Modeling the Deformation of a Strongly Anisotropic Aluminum Alloy

The 6000-series aluminum alloys are generally used as structural materials in building structures and automotive parts where the engineering design requires the use of a light weight material. The credibility of any finite element analysis conducted for these materials depends critically on the constitutive models used to describe the plastic deformation and fracture of these alloys.

Extruded aluminum alloys typically have either recrystallized, equi-axed or non-recrystallized, fibrous grain structure. The accompanying crystallographic texture is typically a strong cube texture with a minor Goss component, or a deformation texture with a cube component in addition to components along the β-fiber (Frodal et al. (2017)). As a result of this strong texture, the major challenge in modeling the deformation response of extruded aluminum alloys is their strong anisotropy, where the flow stress, plastic strain and ductility depend markedly on the loading direction with respect to the principal axes of anisotropy (Fourmeau et al. (2011, 2013)).

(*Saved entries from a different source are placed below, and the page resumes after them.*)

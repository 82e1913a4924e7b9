-- ===== src/Facet/Explore.antt =====
-- The search of a range through the levels, and the documents that have a number in a range.
pub mod Levels
pub mod Excluded
use milli.Base.{
  ℕ, zero, suc, ◌≤◌, ◌<◌, Bool, true, false, ◌&&◌, ◌||◌, List, [], ◌∷◌, Option, none, some, ltb,
  leb, ◌==◌, if◌then◌else◌, ◌≡◌, refl, sym, subst, ◌∙◌, arith, any, Bool-cases, Option-cases, ◌⊎◌,
  inl, inr, ◌↔◌,
}
use milli.Bitmap.{Roaring, IsRoaring}
use milli.Facet.{
  f64_min, f64_max, Bound, included, excluded, unbounded, Entry, starts, must_be_returned,
  number_range, found_bounds, is_exact, is_void, is_included, union_all, explore_level_zero,
  refine_left, refine_right, refine, explore,
}
use milli.Facet.Range.{
  In, Fits, Disjoint, Fits-In, In-number_range, number_range-In, found_bounds-some, between-In,
}

-- The numbers of a request; a loose one takes an excluded left bound for an included one.
abbrev pub above : Bool → Bound → ℕ → Bool
above loose (included l) v = leb l v
above true (excluded l) v = leb l v
above false (excluded l) v = ltb l v
above loose unbounded v = true

abbrev pub below : Bound → ℕ → Bool
below (included r) v = leb v r
below (excluded r) v = ltb v r
below unbounded v = true

abbrev pub within : Bool → Bound → Bound → ℕ → Bool
within loose left right v = above loose left v && below right v

abbrev pub covers : {D : Type 0} → Entry D → ℕ → Bool
covers e v = leb e.left v && leb v e.right

module _ {D : Type 0} where
  pub above-starts :
      (level : ℕ) (left : Bound) (e : Entry D) (v : ℕ)
      → starts level left e ≡ true
      → e.left ≤ v
      → above true left v ≡ true
  unfolding starts
  above-starts level (included l) e v h le = ground arith
  above-starts level (excluded l) e v h le = ground arith
  above-starts level unbounded e v h le = refl

  pub below-must_be_returned :
      (right : Bound) (e : Entry D) (v : ℕ)
      → must_be_returned right e ≡ true
      → v ≤ e.right
      → below right v ≡ true
  unfolding must_be_returned
  below-must_be_returned (included r) e v h le = ground arith
  below-must_be_returned (excluded r) e v h le = ground arith
  below-must_be_returned unbounded e v h le = refl

  -- At level 0 the range is exact.
  starts-above :
      (left : Bound) (e : Entry D)
      → Fits e
      → above false left e.left ≡ true
      → starts 0 left e ≡ true
  unfolding starts
  starts-above (included l) e h a = ground arith
  starts-above (excluded l) e h a = ground arith
  starts-above unbounded e h a = ground arith

  must_be_returned-below :
      (right : Bound) (e : Entry D) → below right e.right ≡ true → must_be_returned right e ≡ true
  unfolding must_be_returned
  must_be_returned-below (included r) e h = h
  must_be_returned-below (excluded r) e h = h
  must_be_returned-below unbounded e h = refl

pub within-is_void :
    (left right : Bound) (v : ℕ) → is_void left right ≡ true → within false left right v ≡ true → ⊥
unfolding is_void
within-is_void (included l) (included r) v h w = ground arith
within-is_void (included l) (excluded r) v h w = ground arith
within-is_void (included l) unbounded v h w = cc
within-is_void (excluded l) (included r) v h w = ground arith
within-is_void (excluded l) (excluded r) v h w = ground arith
within-is_void (excluded l) unbounded v h w = cc
within-is_void unbounded (included r) v h w = cc
within-is_void unbounded (excluded r) v h w = cc
within-is_void unbounded unbounded v h w = cc

module _ (r : Roaring) (laws : IsRoaring r) where
  open r use {Bitmap, contains, union}

  -- A document of level 0 has a number that passes the test.
  abbrev pub Held : List (Entry Bitmap) → (ℕ → Bool) → ℕ → Type 0
  Held level_zero p n =
      (z : Entry Bitmap) × In z level_zero × (p z.left ≡ true) × (contains z.docids n ≡ true)

  -- The entries of all levels up to the highest: they are disjoint and in order, each has the
  -- documents of the numbers between its bounds, and together they cover level 0.
  pub record IsIndex (db : ℕ → List (Entry Bitmap)) (top : ℕ) : Type 0 where
    pub single : (z : Entry Bitmap) → In z (db 0) → z.right ≡ z.left
    pub disjoint : (level : ℕ) → Disjoint (db level)
    pub held :
        (level : ℕ) (e : Entry Bitmap)
        → In e (db level)
        → (n : ℕ) → (contains e.docids n ≡ true) ↔ Held (db 0) (covers e) n
    pub covered :
        (level : ℕ)
        → level ≤ top
        → (z : Entry Bitmap) → In z (db 0)
        → (e : Entry Bitmap) × In e (db level) × (covers e z.left ≡ true)

  pub Held-mono :
      (zs : List (Entry Bitmap)) (p q : ℕ → Bool) (n : ℕ)
      → ((v : ℕ) → p v ≡ true → q v ≡ true)
      → Held zs p n
      → Held zs q n
  Held-mono zs p q n h (z, at, test, has) = (z, at, h z.left test, has)

  pub contains-union_all-out :
      (out : Bitmap) (found : List (Entry Bitmap)) (n : ℕ)
      → contains out n ≡ true
      → contains (union_all r out found) n ≡ true
  unfolding union_all
  contains-union_all-out out [] n h = h
  contains-union_all-out out (e ∷ found) n h =
      contains-union_all-out (union out e.docids) found n
        (ground (arith, laws.contains-union out e.docids n))

  pub contains-union_all-In :
      (out : Bitmap) (found : List (Entry Bitmap)) (e : Entry Bitmap) (n : ℕ)
      → In e found
      → contains e.docids n ≡ true
      → contains (union_all r out found) n ≡ true
  unfolding union_all
  contains-union_all-In out [] e n at h = elim at [ ]
  contains-union_all-In out (f ∷ found) e n (inl same) h =
      contains-union_all-out (union out f.docids) found n (
        laws.contains-union out f.docids n
        ∙ ground (arith, subst (λ (k : Entry Bitmap). contains k.docids n ≡ true) same h))
  contains-union_all-In out (f ∷ found) e n (inr later) h =
      contains-union_all-In (union out f.docids) found e n later h

  pub union_all-contains :
      (out : Bitmap) (found : List (Entry Bitmap)) (n : ℕ)
      → contains (union_all r out found) n ≡ true
      → (contains out n ≡ true) ⊎ ((e : Entry Bitmap) × In e found × (contains e.docids n ≡ true))
  unfolding union_all
  union_all-contains out [] n h = inl h
  union_all-contains out (e ∷ found) n h =
      elim (union_all-contains (union out e.docids) found n h) [
        | inr (f, at, has) ↦ inr (f, inr at, has)
        | inl old ↦ elim (Bool-cases (contains out n)) [
          | inl here ↦ inl here
          | inr gone ↦ inr (e, inl refl, ground (arith, laws.contains-union out e.docids n))
        ]
      ]

  module _ (db : ℕ → List (Entry Bitmap)) (top : ℕ) (index : IsIndex db top) where
    -- What a search makes of the documents it starts with: it adds documents with a number of the
    -- loose request, and all with a number of the request.
    abbrev pub Explores : Bound → Bound → Bitmap → Bitmap → Type 0
    Explores left right out result =
        (n : ℕ)
        → (contains result n ≡ true
            → (contains out n ≡ true) ⊎ Held (db 0) (within true left right) n)
          × (contains out n ≡ true → contains result n ≡ true)
          × (Held (db 0) (within false left right) n → contains result n ≡ true)

    pub Held-found :
        (level : ℕ) (left right : Bound) (e : Entry Bitmap) (n : ℕ)
        → In e (number_range db level left right)
        → contains e.docids n ≡ true
        → Held (db 0) (within true left right) n
    Held-found level left right e n at has =
        let (e_in, start, ret) = In-number_range db level left right e at in
        Held-mono (db 0) (covers e) (within true left right) n
          (λ v c.
            ground (arith, above-starts level left e v start, below-must_be_returned right e v ret))
          ((index.held level e e_in n).0 has)

    pub explore_level_zero-Explores :
        (left right : Bound) (out : Bitmap)
        → Explores left right out (explore_level_zero r db left right out)
    unfolding explore_level_zero
    explore_level_zero-Explores left right out n = elim (Bool-cases (is_void left right)) [
      | inl void ↦
          rw void
            (λ h. inl h, λ h. h, λ held. absurd (within-is_void left right held.0.left void held.2))
      | inr full ↦
          let found = number_range db 0 left right in
          rw full (
            λ h. elim (union_all-contains out found n h) [
              | inl old ↦ inl old
              | inr (e, at, has) ↦ inr (Held-found 0 left right e n at has)
            ],
            λ h. contains-union_all-out out found n h,
            λ held. exact_hit held,
          )
    ]
      where
        exact_hit :
            Held (db 0) (within false left right) n
            → contains (union_all r out (number_range db 0 left right)) n ≡ true
        exact_hit (z, at, test, has) =
            let same : z.right ≡ z.left = index.single z at in
            contains-union_all-In out (number_range db 0 left right) z n
              (number_range-In db 0 left right z (index.disjoint 0) at
                (starts-above left z (Fits-In z (db 0) (index.disjoint 0) at) (ground arith))
                (must_be_returned-below right z
                  (subst (λ v. below right v ≡ true) (sym same) (ground arith))))
              has
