-- ===== src/Facet/Build/Groups.antt =====
-- The groups of a level, and the documents of what they cover.
use milli.Base.{
  ℕ, ◌≤◌, ◌<◌, Bool, true, false, List, [], ◌∷◌, ◌≡◌, refl, sym, subst, ◌∙◌, arith, All, Bool-cases,
  ◌⊎◌, inl, inr, ◌↔◌,
}
use milli.Bitmap.{Roaring, IsRoaring}
use milli.Facet.{f64_min, f64_max, Entry}
use milli.Facet.Range.{In, Fits, Disjoint}
use milli.Facet.Explore.{covers}

module _ (r : Roaring) (laws : IsRoaring r) where
  open r use {Bitmap, contains, new, len, iter, union}

  -- A document that one of the entries has.
  abbrev pub Has : (Entry Bitmap → Type 0) → (Entry Bitmap → Bool) → ℕ → Type 0
  Has member p n = (y : Entry Bitmap) × member y × (p y ≡ true) × (contains y.docids n ≡ true)

  abbrev pub every : Entry Bitmap → Bool
  every y = true

  abbrev pub covered_by : Entry Bitmap → Entry Bitmap → Bool
  covered_by e y = covers e y.left

  -- Entries of level 0: finite numbers in order, each with a document.
  abbrev pub IsLevelZero : List (Entry Bitmap) → Type 0
  IsLevelZero [] = Unit
  IsLevelZero (z ∷ zs) =
      (z.right ≡ z.left)
      × Fits z
      × ((n : ℕ) × (contains z.docids n ≡ true))
      × All (λ y. z.left < y.left) zs
      × IsLevelZero zs

  -- The entries of the group that is gathered, in front of the rest of level 0.
  pub record Pending (ps zs : List (Entry Bitmap)) (left right : ℕ) (group : Bitmap) : Type 0 where
    pub ordered : left ≤ right
    pub from : f64_min ≤ left
    pub to : right ≤ f64_max
    pub between : (y : Entry Bitmap) → In y ps → (left ≤ y.left) × (y.left ≤ right)
    pub behind : All (λ y. right < y.left) zs
    pub held : (n : ℕ) → (contains group n ≡ true) ↔ Has (λ y. In y ps) every n
    pub nonempty : (n : ℕ) × (contains group n ≡ true)

  -- What holds of the entries that are written for the group and the rest.
  pub record Written (ps zs : List (Entry Bitmap)) (left : ℕ) (out : List (Entry Bitmap))
      : Type 0 where
    pub disjoint : Disjoint out
    pub above : All (λ e. left ≤ e.left) out
    pub covered :
        (y : Entry Bitmap)
        → In y ps ⊎ In y zs
        → (e : Entry Bitmap) × In e out × (covers e y.left ≡ true)
    pub held :
        (e : Entry Bitmap)
        → In e out
        → (n : ℕ) → (contains e.docids n ≡ true) ↔ Has (λ y. In y ps ⊎ In y zs) (covered_by e) n

  pub behind-left :
      (z : Entry Bitmap) (l : ℕ) (zs : List (Entry Bitmap))
      → l < z.left
      → All (λ y. z.left < y.left) zs
      → All (λ y. l < y.left) zs
  behind-left z l [] h a = tt
  behind-left z l (y ∷ zs) h a = (omega arith, behind-left z l zs h a.1)

  pub All-left :
      (l k : ℕ) (es : List (Entry Bitmap))
      → l ≤ k
      → All (λ e. k ≤ e.left) es
      → All (λ e. l ≤ e.left) es
  All-left l k [] h a = tt
  All-left l k (e ∷ es) h a = (omega arith, All-left l k es h a.1)

  pub All-behind :
      (l k : ℕ) (es : List (Entry Bitmap))
      → l < k
      → All (λ e. k ≤ e.left) es
      → All (λ e. l < e.left) es
  All-behind l k [] h a = tt
  All-behind l k (e ∷ es) h a = (omega arith, All-behind l k es h a.1)

  pub All-In :
      (P : Entry Bitmap → Type 0) (e : Entry Bitmap) (es : List (Entry Bitmap))
      → All P es
      → In e es
      → P e
  All-In P e [] a h = elim h [ ]
  All-In P e (f ∷ es) a (inl same) = subst P (sym same) a.0
  All-In P e (f ∷ es) a (inr later) = All-In P e es a.1 later

  -- A group of one entry.
  pub Pending-one :
      (z : Entry Bitmap) (zs : List (Entry Bitmap)) (b : Bitmap)
      → ((n : ℕ) → contains b n ≡ false)
      → IsLevelZero (z ∷ zs)
      → Pending (z ∷ []) zs z.left z.left (union b z.docids)
  Pending-one z zs b empty (single, fits, (n, has), later, rest) = record {
    ordered = omega arith;
    from = fits.1;
    to = omega arith;
    between = λ y at. elim at [
      | inl same ↦ (
        subst (λ (k : Entry Bitmap). z.left ≤ k.left) (sym same) (omega arith),
        subst (λ (k : Entry Bitmap). k.left ≤ z.left) (sym same) (omega arith),
      )
      | inr none_left ↦ absurd none_left
    ];
    behind = later;
    held = λ m. (
      λ h. (z, inl refl, refl, ground (arith, laws.contains-union b z.docids m, empty m)),
      λ h. one m h,
    );
    nonempty = (n, laws.contains-union b z.docids n ∙ ground arith);
  }
    where
      one : (m : ℕ) → Has (λ y. In y (z ∷ [])) every m → contains (union b z.docids) m ≡ true
      one m (y, inl same, t, h) =
          let h' : contains z.docids m ≡ true =
            subst (λ (k : Entry Bitmap). contains k.docids m ≡ true) same h in
          laws.contains-union b z.docids m ∙ ground arith
      one m (y, inr none_left, t, h) = absurd none_left

  -- The group grows by the next entry.
  pub Pending-more :
      (ps zs : List (Entry Bitmap)) (z : Entry Bitmap) (left right : ℕ) (group : Bitmap)
      → Pending ps (z ∷ zs) left right group
      → IsLevelZero (z ∷ zs)
      → Pending (z ∷ ps) zs left z.left (union group z.docids)
  Pending-more ps zs z left right group p (single, fits, some_doc, later, rest) = record {
    ordered = omega (arith, p.ordered, p.behind.0);
    from = p.from;
    to = omega arith;
    between = λ y at. elim at [
      | inl same ↦ (
        subst (λ (k : Entry Bitmap). left ≤ k.left) (sym same)
            (omega (arith, p.ordered, p.behind.0)),
        subst (λ (k : Entry Bitmap). k.left ≤ z.left) (sym same) (omega arith),
      )
      | inr old ↦ let (a, b) = p.between y old in (a, omega (arith, p.behind.0))
    ];
    behind = later;
    held = λ m. (λ h. grown m h, λ h. known m h);
    nonempty = let (m, h) = p.nonempty in (m, laws.contains-union group z.docids m ∙ ground arith);
  }
    where
      grown : (m : ℕ) → contains (union group z.docids) m ≡ true → Has (λ y. In y (z ∷ ps)) every m
      grown m h = elim (Bool-cases (contains group m)) [
        | inl old ↦ let (y, at, t, has) = (p.held m).0 old in (y, inr at, t, has)
        | inr fresh ↦ (z, inl refl, refl, ground (arith, laws.contains-union group z.docids m))
      ]

      known : (m : ℕ) → Has (λ y. In y (z ∷ ps)) every m → contains (union group z.docids) m ≡ true
      known m (y, inl same, t, h) =
          let h' : contains z.docids m ≡ true =
            subst (λ (k : Entry Bitmap). contains k.docids m ≡ true) same h in
          ground (arith, laws.contains-union group z.docids m)
      known m (y, inr old, t, h) =
          let h' : contains group m ≡ true = (p.held m).1 (y, old, t, h) in
          laws.contains-union group z.docids m ∙ ground arith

In this paper, the plastic deformation up to failure of a strongly textured AA6060 alloy is modeled using an elastic-plastic model with yielding described by the orthotropic yield criterion of Cazacu (2018). This yield criterion is used in conjunction with a Swift-type isotropic hardening law. In order to ascertain the coefficients of anisotropy involved in the Cazacu (2018) criterion, we use a combination of the available mechanical tensile test data and results of virtual tests. More precisely, to obtain flow stresses for loadings where experimental data were not available, we use the recent polycrystalline model of Chandola et al. (2017) which in turn is based on the single crystal criterion of Cazacu et al. (2018). The capability of the macroscopic elastic-plastic model with yielding described by the orthotropic Cazacu (2018) yield criterion to account for the pronounced anisotropy of the AA6060 alloy is demonstrated through comparisons between the finite element simulations and the experimental data on axisymmetric tension test specimens for both smooth and notched geometries reported in Khadyko et al. (2015). It is shown that for the smooth specimen, the model correctly predicts that the minimum cross-section evolves from a circle to an ellipse while for a notched specimen of 2 mm notch radius, the predicted final cross-section is  rectangular in shape while for a more acute notched specimen (0.8 mm notch radius) the minimum cross-section evolves from a circular shape to an approximately rhomboidal shape, respectively, as was observed in the experiments. Thus, the Cazacu (2018) model predicts correctly the influence of the notched geometry on the deformation. Moreover, this elastic-plastic model can be easily implemented in finite element codes, requires less CPU time compared to crystal plasticity finite element method (CP-FEM) based analysis, and can be used routinely for detailed analyses of complex deformation processes.